|One can't go wrong with a house that has a red door...|
January 20, 2012
During our dithering about the older house on Pine Street, someone else bid on it! Of course, this does not mean the house is sold. Only that another couple bid on it and are now waiting to see if the bank accepts them or their offer.
Still, that happened very fast. And yes, older homes need to be inspected for structure and foundation and joists and termites and lions and tigers and bears and mould and rot and what not.
It's odd, having one's children be so vocal as to their thoughts on this next, "Forever" home. (Forever I reckon until we are hauled away to a Massachusetts or possibly Iowa old folk's homes. My sister and cousins take great delight in speculating as to where we will end up when we are old, frail, sick, tired, broke, annoying. Wait, aren't we already a bit like that already? Nevermind.)
Smaller-houses. Eighteen hundred feet tops! (Easier to care for. Easier to pay someone to do the heavy cleaning.) Lawn under two acres. (Whoa, there, one place I love is twenty-two acres of mostly heavy woods.) Not in the back of the beyond. Or middle-of-nowhere.) Within no more than fifteen minutes of Baptist Hospital Northeast. Hopefully, close to Louisville hospitals. (That makes a person feel precociously old. Of course, my aunt pointed out that I did do everything early...be born, crawl, walk, talk, cut teeth, grow up, marry...well she did too and she's an amazing person for someone half her age!) No long commute. (They are being really really stern about this. Note to self: The girls' parents are all at least fifteen to twenty years older than we, so perhaps they want to get us fairly settled because their own parents are having issues? Baby Boy I's father-in-law has had a knee replacement recently, two moderately serious heart "episodes" and Type II diabetes. Retirement is not setting well with him either.)

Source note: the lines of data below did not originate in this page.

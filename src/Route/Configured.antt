-- ===== src/Route/Configured.antt =====
-- What a route answers, from the calls of the package setters and of its option methods.
use grpc_composition.Common.{
  ◌≡◌, refl, ap, ◌∙◌, inl, inr, List, ◌++◌, Option, none, some, Text, Result, ok, err, Option-cases,
  last_some, or_else,
}
use mathlib.Core.Path.{ap₂}
use grpc_composition.Std.Http.{Writer, Call}
use grpc_composition.Host.{Host, Err, Request, Value, ErrorMapper}
use grpc_composition.Errors.{rfc7807_mapper}
use grpc_composition.Globals.{Globals, Binder, ResponseType, initial}
use grpc_composition.Response.{
  json_type, answer, payload, error_type, write_error_lem, write_json_lem, write_response_lem,
}
use grpc_composition.Route.{
  UnaryMethod, Route, proxy, marshal_options, effective_mapper, bind_all, write_result, serve_http,
}
use grpc_composition.Route.Serve.{serve_http_of_ok}
use grpc_composition.Route.Settings.{
  Setting, apply_settings, marshal_setting, mapper_setting, apply_settings-Sets,
}
use grpc_composition.Route.Options.{
  RouteOption, apply_options, map_option, status_option, mapper_option, marshal_option,
  apply_options-Configures,
}

-- The bytes of a response: what a mapper makes of it, or the message itself.
abbrev pub response_body :
    (H : Host) {Resp : Type 0}
    → (Resp → Value H)
    → Option (Resp → Value H)
    → H.MarshalOptions
    → Resp
    → Option Text
response_body H to_any none o resp = payload H o (to_any resp)
response_body H to_any (some f) o resp = H.encode (f resp)

module _ (H : Host) (g : Globals H) where
  effective_mapper-or_else :
      (own : Option (ErrorMapper H)) → effective_mapper H g own ≡ or_else own g.error_mapper
  effective_mapper-or_else none = refl
  effective_mapper-or_else (some fn) = refl

  marshal_options-or_else :
      {Req Resp : Type 0} (rt : Route H Req Resp)
      → marshal_options H g rt ≡ or_else rt.marshal g.marshal
  unfolding marshal_options
  marshal_options-or_else rt = elim (Option-cases rt.marshal) [
    | inl e ↦ rw (marshal_options, e) refl
    | inr (o, e) ↦ rw (marshal_options, e) refl
  ]

  write_result_of_ok :
      {Req Resp : Type 0} (t : ResponseType H Resp) (rt : Route H Req Resp) (w : Writer)
      (resp : Resp)
      → write_result H g t rt w (ok resp)
        ≡ w
          ++ answer H json_type rt.success_status
              (response_body H t.to_any rt.mapper (marshal_options H g rt) resp)
  unfolding write_result
  write_result_of_ok t rt w resp = elim (Option-cases rt.mapper) [
    | inl e ↦
        rw (write_result, e)
          (write_response_lem H w rt.success_status (t.to_any resp) (marshal_options H g rt))
    | inr (f, e) ↦ rw (write_result, e) (write_json_lem H w rt.success_status (f resp))
  ]

module _ (H : Host) {Resp : Type 0} (settings : List (Setting H))
    (options : List (RouteOption H Resp)) where
  -- The mapper of the last `WithErrorMapper` of the route, if not nil; else that of the last
  -- `SetDefaultErrorMapper`; else the built-in one.
  abbrev pub mapper_in_force : ErrorMapper H
  mapper_in_force =
      or_else (or_else (last_some (mapper_option H) options) none)
        (or_else (last_some (mapper_setting H) settings) (rfc7807_mapper H))

  abbrev pub marshal_in_force : H.MarshalOptions
  marshal_in_force =
      or_else (or_else (last_some (marshal_option H) options) none)
        (or_else (last_some (marshal_setting H) settings) H.plain_options)

  -- The answer to what a method returns.
  abbrev pub answer_to : (Resp → Value H) → Result (Err H) Resp → List Call
  answer_to to_any (err e) =
      let (status, body) = mapper_in_force e in answer H (error_type H body) status (H.encode body)
  answer_to to_any (ok resp) =
      answer H json_type (or_else (last_some (status_option H) options) 200) (
        response_body H to_any (or_else (last_some (map_option H) options) none) marshal_in_force
          resp)

  module _ {Req : Type 0} (method : UnaryMethod H Req Resp) (binders : List (Binder H Req)) where
    abbrev settled : Globals H
    settled = apply_settings H settings (initial H)

    abbrev configured : Route H Req Resp
    configured = apply_options H options (proxy H method binders)

    mapper-configured : effective_mapper H settled configured.error_mapper ≡ mapper_in_force
    unfolding proxy
    mapper-configured =
        let set = apply_settings-Sets H settings (initial H) in
        let own = apply_options-Configures H options (proxy H method binders) in
        effective_mapper-or_else H settled configured.error_mapper
        ∙ ap₂ or_else own.mapper_lem set.mapper_lem

    marshal-configured : marshal_options H settled configured ≡ marshal_in_force
    unfolding proxy
    marshal-configured =
        let set = apply_settings-Sets H settings (initial H) in
        let own = apply_options-Configures H options (proxy H method binders) in
        marshal_options-or_else H settled configured ∙ ap₂ or_else own.marshal_lem set.marshal_lem

    write_result-configured :
        (t : ResponseType H Resp) (w : Writer) (result : Result (Err H) Resp)
        → write_result H settled t configured w result ≡ w ++ answer_to t.to_any result
    unfolding write_result proxy
    write_result-configured t w (err e) =
        let (status, body) = mapper_in_force e in
        rw (write_result, mapper-configured) (write_error_lem H w status body)
    write_result-configured t w (ok resp) =
        let own = apply_options-Configures H options (proxy H method binders) in
        write_result_of_ok H settled t configured w resp
        ∙ rw (own.map_lem, own.status_lem, marshal-configured) refl

    -- A route from `Proxy` with any sequence of option methods called on it, in a program that has
    -- called any sequence of the package setters, over a request that its binders bind: the method is
    -- called once, with the bound message, and its result decides one answer behind the calls made
    -- before. An error is given to the mapper of the last `WithErrorMapper`, or if there is none or it
    -- was nil, to that of the last `SetDefaultErrorMapper`, or if there is none or it was nil, to the
    -- built-in one, and the status and the body are the mapper's. A response is written with the status
    -- of the last `OnSuccess`, or 200, as the value of the last `Map`, or if there is none or it was
    -- nil, by protojson with the options of the last `WithMarshalOptions`, or else of the last
    -- `SetDefaultMarshalOptions`, or else the zero ones.
    pub serve_http-configured :
        (t : ResponseType H Resp) (zero_req req : Req) (w : Writer) (r r' : Request H)
        (s s' : H.Backend) (result : Result (Err H) Resp)
        → bind_all H settled binders zero_req r ≡ ok (req, r')
        → method r'.context req s ≡ (result, s')
        → serve_http H settled t zero_req configured w r s ≡ (w ++ answer_to t.to_any result, s')
    unfolding proxy
    serve_http-configured t zero_req req w r r' s s' result bound called =
        let own = apply_options-Configures H options (proxy H method binders) in
        serve_http_of_ok H settled t zero_req configured w r s req r' (rw own.binders_kept bound)
        ∙ (rw (own.method_kept, called) (ap (λ v. (v, s')) (write_result-configured t w result)))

So, I wandered off into another town that is in the circle of limits the boys have suggested. Up on a hill, white, with a glossy red door with a brass door knocker. (Baby Boy II had driven by it when I was still in the hospital and told me that he truly believes a red door means one can't go wrong with a house.)

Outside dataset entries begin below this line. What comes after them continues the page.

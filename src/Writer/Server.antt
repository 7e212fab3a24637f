-- ===== src/Writer/Server.antt =====
-- The MongoDB server, which is not part of the repository: a parameter, with the documented
-- behaviour that the sink relies on.
use mathlib.Core.List.{Permᴰ}
use public_pg2mongo_cd_c.Base.{ℕ, suc, ◌+◌, String, Bool, true, false, not, ◌&&◌, ◌||◌}
use public_pg2mongo_cd_c.Base.{
  Option, none, some, ℤ, ◌≡◌, ◌==◌, if◌then◌else◌, List, [], ◌∷◌, Within,
}
use public_pg2mongo_cd_c.Value.{str, arr, obj, Items, nil, cons, Fields, end, field}
use public_pg2mongo_cd_c.Value.{get, AllKeys, int, bool}
use public_pg2mongo_cd_c.Value.Laws.{first_some}
use public_pg2mongo_cd_c.Writer.{WriteModel, delete_one, update_one}
use public_pg2mongo_cd_c.Writer.Gate.{stamp_of, stamp_lt, is_unset, foreign}

-- What the server answers for one write model.
pub data OpReply : Type 0 where
  matched upserted deleted unmatched : OpReply
  write_error : ℕ → OpReply

pub record Counts : Type 0 where
  pub matched_count : ℕ
  pub upserted_count : ℕ
  pub deleted_count : ℕ

-- A failed bulk write: the codes of its write errors, and whether a write concern failed too.
pub record BulkException : Type 0 where
  pub codes : List ℕ
  pub concern : Bool

pub record ServerError : Type 0 where
  pub has_error_code : ℕ → Bool
  pub has_error_label : String → Bool

-- An error of the driver, by what `errors.Is` and `errors.As` find in its chain.
pub record DriverError : Type 0 where
  pub canceled : Bool
  pub deadline_exceeded : Bool
  -- `net.Error`, by its `Timeout()`
  pub net_error : Option Bool
  pub bulk : Option BulkException
  pub server_error : Option ServerError

-- `(res, err)` of a bulk write; `res` may be nil.
pub data BulkReply : Type 0 where
  done : Option Counts → BulkReply
  failed : DriverError → BulkReply

abbrev pub duplicate_key : ℕ
duplicate_key = 11000

-- A name that `$set` takes for a top-level field: no dot in it, no `$`, and not the id.
abbrev has_special : String → Bool
has_special String.[] = false
has_special (String.◌∷◌ c s) =
    (String.◌∷◌ c String.[] == ".") || (String.◌∷◌ c String.[] == "$") || has_special s

unfoldable pub is_plain : String → Bool
is_plain k = not (has_special k) && not (k == "_id")

pub record Server : Type 1 where
  pub State : Type 0
  -- The document of a collection that carries an id.
  pub find : State → String → String → Option Fields
  -- Whether a filter matches a document.
  pub matches : Fields → Fields → Bool
  -- A document after an update.
  pub updated : Fields → Fields → Fields
  -- One write model on a collection.
  pub exec : State → String → WriteModel → State × OpReply
  -- `BulkWrite` with `ordered=false`.
  pub bulk_write : State → String → List WriteModel → State × BulkReply

-- The documented effect of a delete by id, and of an update by id that may insert.
module _ (matches : Fields → Fields → Bool) where
  abbrev pub any_matches : Items → Fields → Bool
  any_matches nil d = false
  any_matches (cons (obj f) fs) d = matches f d || any_matches fs d
  any_matches (cons _ fs) d = any_matches fs d

  abbrev pub delete_doc : Fields → Option Fields → Option Fields × OpReply
  delete_doc f none = (none, unmatched)
  delete_doc f (some d) = if matches f d then (none, deleted) else (some d, unmatched)

  abbrev pub update_doc :
      (Fields → Fields → Fields)
      → String
      → Fields
      → Fields
      → Option Fields
      → Option Fields × OpReply
  update_doc updated id f u none = (some (updated u (field "_id" (str id) end)), upserted)
  update_doc updated id f u (some d) =
      if matches f d then (some (updated u d), matched) else (some d, write_error duplicate_key)

-- Models one after another.
module _ {State : Type 0} (exec : State → String → WriteModel → State × OpReply) where
  unfoldable pub run_each : State → String → List WriteModel → State × List OpReply
  run_each s c [] = (s, [])
  run_each s c (m ∷ ms) =
      let rest = run_each (exec s c m).0 c ms in (rest.0, (exec s c m).1 ∷ rest.1)

abbrev pub run_models : (S : Server) → S.State → String → List WriteModel → S.State × List OpReply
run_models S = run_each S.exec

module _ (S : Server) where
  -- Only the document of that collection and id has changed, and to `d`.
  abbrev pub Replaced : S.State → String → String → Option Fields → S.State → Type 0
  Replaced s c id d s' =
      (c' id' : String)
      → S.find s' c' id' ≡ (if (c' == c) && (id' == id) then d else S.find s c' id')

  abbrev pub SameDocs : S.State → S.State → Type 0
  SameDocs s t = (c id : String) → S.find s c id ≡ S.find t c id

abbrev pub error_codes : List OpReply → List ℕ
error_codes [] = []
error_codes (write_error code ∷ rs) = code ∷ error_codes rs
error_codes (_ ∷ rs) = error_codes rs

-- The acknowledged models: those that matched, inserted or deleted.
abbrev pub acked : List OpReply → ℕ
acked [] = 0
acked (matched ∷ rs) = suc (acked rs)
acked (upserted ∷ rs) = suc (acked rs)
acked (deleted ∷ rs) = suc (acked rs)
acked (_ ∷ rs) = acked rs

abbrev pub acked_count : Counts → ℕ
acked_count n = n.matched_count + n.upserted_count + n.deleted_count

-- A reply accounts for a run of all models.
abbrev pub Accounts : BulkReply → List OpReply → Type 0
Accounts (done (some n)) rs = (error_codes rs ≡ []) × (acked rs ≡ acked_count n)
Accounts (done none) rs = Unit
Accounts (failed e) rs = elim e.bulk [ none ↦ Unit | some b ↦ error_codes rs ≡ b.codes ]

-- A reply that says that the server has tried every model.
abbrev pub tried_all : BulkReply → Bool
tried_all (done none) = false
tried_all (done (some n)) = true
tried_all (failed e) = elim e.bulk [
  | none ↦ false
  | some b ↦ elim b.codes [ [] ↦ false | _ ∷ _ ↦ true ]
]

pub record IsLawful (S : Server) : Type 0 where
  pub matches-end : (d : Fields) → S.matches end d ≡ true
  pub matches-id :
      (id : String) (rest d : Fields)
      → get "_id" d ≡ some (str id)
      → S.matches (field "_id" (str id) rest) d ≡ S.matches rest d
  pub matches-lsn_lt :
      (n : ℤ) (rest d : Fields)
      → ¬ (stamp_of (get "sourceLsn" d) ≡ foreign)
      → S.matches (field "sourceLsn" (obj (field "$lt" (int n) end)) rest) d
        ≡ (stamp_lt n (stamp_of (get "sourceLsn" d)) && S.matches rest d)
  pub matches-lsn_missing :
      (d : Fields)
      → S.matches (field "sourceLsn" (obj (field "$exists" (bool false) end)) end) d
        ≡ is_unset (stamp_of (get "sourceLsn" d))
  pub matches-or :
      (fs : Items) (rest d : Fields)
      → S.matches (field "$or" (arr fs) rest) d ≡ (any_matches S.matches fs d && S.matches rest d)
  pub get-updated :
      (set d : Fields) (k : String)
      → AllKeys is_plain set
      → get k (S.updated (field "$set" (obj set) end) d) ≡ first_some (get k set) (get k d)
  pub find-id :
      (s : S.State) (c id : String) (d : Fields)
      → S.find s c id ≡ some d
      → get "_id" d ≡ some (str id)
  pub exec-delete_one :
      (s : S.State) (c id : String) (rest : Fields)
      → let f = field "_id" (str id) rest in
        let r = delete_doc S.matches f (S.find s c id) in
        Replaced S s c id r.0 (S.exec s c (delete_one f)).0 × ((S.exec s c (delete_one f)).1 ≡ r.1)
  pub exec-update_one :
      (s : S.State) (c id : String) (rest u : Fields)
      → let f = field "_id" (str id) rest in
        let r = update_doc S.matches S.updated id f u (S.find s c id) in
        Replaced S s c id r.0 (S.exec s c (update_one f (some u) true)).0
        × ((S.exec s c (update_one f (some u) true)).1 ≡ r.1)
  -- Writes are acknowledged, which is the driver's default.
  pub acknowledged :
      (s : S.State) (c : String) (ms : List WriteModel) → ¬ ((S.bulk_write s c ms).1 ≡ done none)
  -- Unordered: the models run one by one in some order, each once, and an error stops none.
  pub bulk_write-run :
      (s : S.State) (c : String) (ms : List WriteModel)
      → tried_all (S.bulk_write s c ms).1 ≡ true
      → (order : List WriteModel) × Permᴰ order ms
        × SameDocs S (S.bulk_write s c ms).0 (run_models S s c order).0
        × Accounts (S.bulk_write s c ms).1 (run_models S s c order).1

-- Whatever a bulk write answers, some of its models have run, in some order, and no others, and it is
-- over.
pub record RunsSome (S : Server) : Type 0 where
  pub bulk_write-some :
      (s : S.State) (c : String) (ms : List WriteModel)
      → (order : List WriteModel) × Within order ms
        × SameDocs S (S.bulk_write s c ms).0 (run_models S s c order).0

It has tremendous curb appeal...very cottage-y looking with silver maples around it. Smaller than what I would like, sixteen hundred square feet...but well-arranged, open, great windows, fireplaces, wood floors and kitchen. One room is painted UK Blue...that will have to go!
Yet, I keep wandering back to the old houses way off in the country. A few in town...and I just get all weepy. Again. When I try to explain this sadness, I can't. So I shrug it off to still being a bit wobbly from ending up in the hospital, the tests and check-ups since then, and dealing with my aunt, my mother's last surviving sister and her lingering illness.)
Of course, driving around, touring houses, starting the whole loan process...this makes me super anxious. Nervous. Banks. Realtors. Brokers. Deja vu all over again.
Then I return home and I look around at the house and the whole idea of moving comes crashing down on my head. Stuff. Boxes. Cleaning. Boxes. My husband's study...oh lord.
This funny sense that the boys are "handling" Mom. Seriously, the patience and careful kindness since I came home and my last check-ups is making me nervous. All the presents...oh I love each and everyone. It's just I feel like life is shifting again...aren't I'm the parent? Okay, parenting changes as the children grow up. Right.
It was very sweet of the boys to decide to look around, check out houses and little towns and make flow charts and lists and plans...and light a fire under us, I suppose! It just feels funny, at times, and I'm not sure at all how to act.
And of course, getting all teary-eyed and everything isn't helping. For some reason, I've been like a little cloud since I got home just in time for Christmas. Even for me. I am truly afraid I just might burst into tears in front of some broker or realtor as I watch one of the boys or daughters-in-law text and chat. (It doesn't help that my husband's nephew's wife had a baby early yesterday that is in very bad shape in NICU and all the cousins, including our sons and their wives are very very upset.)
Well. It just keeps a coming, doesn't it? Life breaks out all over.